*BRIEF*: Give back every entry in full, exactly as it reads.

*DATA EXCERPTS*:
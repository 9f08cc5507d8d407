-- ===== src/Tests/Control.antt =====
-- Commands from the line typed to the process that gets them, in a cluster of three nodes and a
-- client.
use raft_algorep.Base.{
  false, drop, List, ◌>>=◌, [], ◌∷◌, ◌++◌, map, none, some, ok, ◌≡◌, refl, Text,
}
use raft_algorep.Config.{is_node, is_client}
use raft_algorep.Rpc.{
  controller_request, RpcResponse, ControllerRequest, RpcResponse, request_leader,
}
use raft_algorep.Clock.{low, codes, get_speed_type_name}
use raft_algorep.Tests.Json.{library, library-IsLawful}
use raft_algorep.Mpi.{sent_text, recv_rpc}
use raft_algorep.Cycle.{Cycle, CycleClass}
use raft_algorep.Update.{handle_message}
use raft_algorep.Client.{Client}
use raft_algorep.Client as Clients
use raft_algorep.Reciever.{RpcRecieverReinjecter, reinject_rpc, get_rpc}
use raft_algorep.Reciever.Fifo.{reads, first_results, AllTake, upcoming, reinject_rpc-reads}
use raft_algorep.Controller.{run_lines}
use raft_algorep.Control.{speed_command-sets, entry_command-adds}
use raft_algorep.Tests.{g}

abbrev later : List Text
later = codes "CRASH 2" ∷ []

speed_command-sets_example :
    (r : ControllerRequest) × (bytes : Text) × (run_lines g
        ((codes "SPEED" ++ 32 ∷ (codes "2" ++ 32 ∷ get_speed_type_name low)) ∷ later)
      ≡ (do rest ← run_lines g later; ok (record { rpc = controller_request r; dest = 2 } ∷ rest)))
    × (sent_text library (controller_request r) ≡ ok bytes)
    × (recv_rpc library (some (record { source = 0; bytes = bytes }))
        ≡ ok (some (record { rpc = controller_request r; sender_id = 0 })))
    × ((cls : CycleClass) (m : RpcResponse) (k : Cycle)
        → handle_message g cls (controller_request r) m k
          ≡ ok (false, record k { node = record k.node { clock = low } }))
    × ((k : Client) → Clients.handle_arrival (controller_request r) k ≡ record k { clock = low })
unfolding is_node is_client
speed_command-sets_example =
    speed_command-sets library library-IsLawful g 50 [] low later (refl, tt) refl refl

entry_command-adds_example :
    (r : ControllerRequest) × (bytes : Text) × (run_lines g
        ((codes "ENTRY" ++ 32 ∷ (codes "4" ++ 32 ∷ codes "set x 1")) ∷ later)
      ≡ (do rest ← run_lines g later; ok (record { rpc = controller_request r; dest = 4 } ∷ rest)))
    × (sent_text library (controller_request r) ≡ ok bytes)
    × (recv_rpc library (some (record { source = 0; bytes = bytes }))
        ≡ ok (some (record { rpc = controller_request r; sender_id = 0 })))
    × ((k : Client)
        → Clients.handle_arrival (controller_request r) k
          ≡ record k { request = k.request ++ codes "set x 1" ∷ [] })
unfolding is_client
entry_command-adds_example =
    entry_command-adds library library-IsLawful g 52 [] (codes "set x 1") later (refl, tt) refl refl
      refl refl

abbrev asked : RpcResponse
asked = record { rpc = request_leader; sender_id = 4 }

abbrev reader : RpcRecieverReinjecter
reader = record { reinjected_messages = asked ∷ []; network = none ∷ some asked ∷ [] }

reinject_rpc-reads_example :
    (reads 3 (reinject_rpc asked reader)
      ≡ first_results 3 (map some reader.reinjected_messages ++ some asked ∷ reader.network))
    × (reads 3 reader ≡ first_results 3 (upcoming reader))
    × ((first : RpcResponse) × (rest : RpcRecieverReinjecter) × AllTake
          (reinject_rpc asked reader)
          first
          rest
        × (upcoming rest
            ≡ drop 1 (map some reader.reinjected_messages ++ some asked ∷ reader.network)))
    × (reader.reinjected_messages ≡ [] → get_rpc false reader ≡ (none, reader))
reinject_rpc-reads_example = reinject_rpc-reads 3 asked reader
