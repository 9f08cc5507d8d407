-- ===== src/Tests/Files.antt =====
-- The file of the server in the run of the parent module, and texts of numbers.
use raft_algorep.Base.{pos, negsuc, [], ◌∷◌, ◌++◌, IfReturns, ◌≡◌, refl}
use raft_algorep.Node.{new_node}
use raft_algorep.Update.{start}
use raft_algorep.Clock.{codes}
use raft_algorep.Entries.{int_text, file_text}
use raft_algorep.Entries.Files.{Readable, start-Readable, log_file_name_unique}
use raft_algorep.Tests.{g, e₀, election, turns}

saved_text : file_text (e₀ ∷ []) ≡ codes "  INDEX: 0 TERM: 1 CLIENT_ID: 4 CMD: " ++ 7 ∷ 10 ∷ []
unfolding file_text
saved_text = refl

number_texts : (int_text (pos 2047) ≡ codes "2047") × (int_text (negsuc 9) ≡ codes "-10")
unfolding int_text
number_texts = (refl, refl)

start-Readable_example : IfReturns Readable (start g turns (new_node g election))
start-Readable_example =
    start-Readable g election turns (tt, (tt, (tt, (tt, (tt, (refl, (tt, (tt, (tt, (tt, tt))))))))))

log_file_name_unique_example : g.rank ≡ g.rank
log_file_name_unique_example = log_file_name_unique g g refl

*SOLUTION*:
repository 9f08cc5507d8d407
-- ===== src/Tests/Control.antt =====
-- Commands from the line typed to the process that gets them, in a cluster of three nodes and a
-- client.
use raft_algorep.Base.{
  false, drop, List, ◌>>=◌, [], ◌∷◌, ◌++◌, map, none, some, ok, ◌≡◌, refl, Text,
}
use raft_algorep.Config.{is_node, is_client}
use raft_algorep.Rpc.{
  controller_request, RpcResponse, ControllerRequest, RpcResponse, request_leader,
}
use raft_algorep.Clock.{low, codes, get_speed_type_name}
use raft_algorep.Tests.Json.{library, library-IsLawful}
use raft_algorep.Mpi.{sent_text, recv_rpc}
use raft_algorep.Cycle.{Cycle, CycleClass}
use raft_algorep.Update.{handle_message}
use raft_algorep.Client.{Client}
use raft_algorep.Client as Clients
use raft_algorep.Reciever.{RpcRecieverReinjecter, reinject_rpc, get_rpc}
use raft_algorep.Reciever.Fifo.{reads, first_results, AllTake, upcoming, reinject_rpc-reads}
use raft_algorep.Controller.{run_lines}
use raft_algorep.Control.{speed_command-sets, entry_command-adds}
use raft_algorep.Tests.{g}

abbrev later : List Text
later = codes "CRASH 2" ∷ []

speed_command-sets_example :
    (r : ControllerRequest) × (bytes : Text) × (run_lines g
        ((codes "SPEED" ++ 32 ∷ (codes "2" ++ 32 ∷ get_speed_type_name low)) ∷ later)
      ≡ (do rest ← run_lines g later; ok (record { rpc = controller_request r; dest = 2 } ∷ rest)))
    × (sent_text library (controller_request r) ≡ ok bytes)
    × (recv_rpc library (some (record { source = 0; bytes = bytes }))
        ≡ ok (some (record { rpc = controller_request r; sender_id = 0 })))
    × ((cls : CycleClass) (m : RpcResponse) (k : Cycle)
        → handle_message g cls (controller_request r) m k
          ≡ ok (false, record k { node = record k.node { clock = low } }))
    × ((k : Client) → Clients.handle_arrival (controller_request r) k ≡ record k { clock = low })
unfolding is_node is_client
speed_command-sets_example =
    speed_command-sets library library-IsLawful g 50 [] low later (refl, tt) refl refl

entry_command-adds_example :
    (r : ControllerRequest) × (bytes : Text) × (run_lines g
        ((codes "ENTRY" ++ 32 ∷ (codes "4" ++ 32 ∷ codes "set x 1")) ∷ later)
      ≡ (do rest ← run_lines g later; ok (record { rpc = controller_request r; dest = 4 } ∷ rest)))
    × (sent_text library (controller_request r) ≡ ok bytes)
    × (recv_rpc library (some (record { source = 0; bytes = bytes }))
        ≡ ok (some (record { rpc = controller_request r; sender_id = 0 })))
    × ((k : Client)
        → Clients.handle_arrival (controller_request r) k
          ≡ record k { request = k.request ++ codes "set x 1" ∷ [] })
unfolding is_client
entry_command-adds_example =
    entry_command-adds library library-IsLawful g 52 [] (codes "set x 1") later (refl, tt) refl refl
      refl refl

abbrev asked : RpcResponse
asked = record { rpc = request_leader; sender_id = 4 }

abbrev reader : RpcRecieverReinjecter
reader = record { reinjected_messages = asked ∷ []; network = none ∷ some asked ∷ [] }

reinject_rpc-reads_example :
    (reads 3 (reinject_rpc asked reader)
      ≡ first_results 3 (map some reader.reinjected_messages ++ some asked ∷ reader.network))
    × (reads 3 reader ≡ first_results 3 (upcoming reader))
    × ((first : RpcResponse) × (rest : RpcRecieverReinjecter) × AllTake
          (reinject_rpc asked reader)
          first
          rest
        × (upcoming rest
            ≡ drop 1 (map some reader.reinjected_messages ++ some asked ∷ reader.network)))
    × (reader.reinjected_messages ≡ [] → get_rpc false reader ≡ (none, reader))
reinject_rpc-reads_example = reinject_rpc-reads 3 asked reader
repository 9f08cc5507d8d407
-- ===== src/Tests/Files.antt =====
-- The file of the server in the run of the parent module, and texts of numbers.
use raft_algorep.Base.{pos, negsuc, [], ◌∷◌, ◌++◌, IfReturns, ◌≡◌, refl}
use raft_algorep.Node.{new_node}
use raft_algorep.Update.{start}
use raft_algorep.Clock.{codes}
use raft_algorep.Entries.{int_text, file_text}
use raft_algorep.Entries.Files.{Readable, start-Readable, log_file_name_unique}
use raft_algorep.Tests.{g, e₀, election, turns}

saved_text : file_text (e₀ ∷ []) ≡ codes "  INDEX: 0 TERM: 1 CLIENT_ID: 4 CMD: " ++ 7 ∷ 10 ∷ []
unfolding file_text
saved_text = refl

number_texts : (int_text (pos 2047) ≡ codes "2047") × (int_text (negsuc 9) ≡ codes "-10")
unfolding int_text
number_texts = (refl, refl)

start-Readable_example : IfReturns Readable (start g turns (new_node g election))
start-Readable_example =
    start-Readable g election turns (tt, (tt, (tt, (tt, (tt, (refl, (tt, (tt, (tt, (tt, tt))))))))))

log_file_name_unique_example : g.rank ≡ g.rank
log_file_name_unique_example = log_file_name_unique g g refl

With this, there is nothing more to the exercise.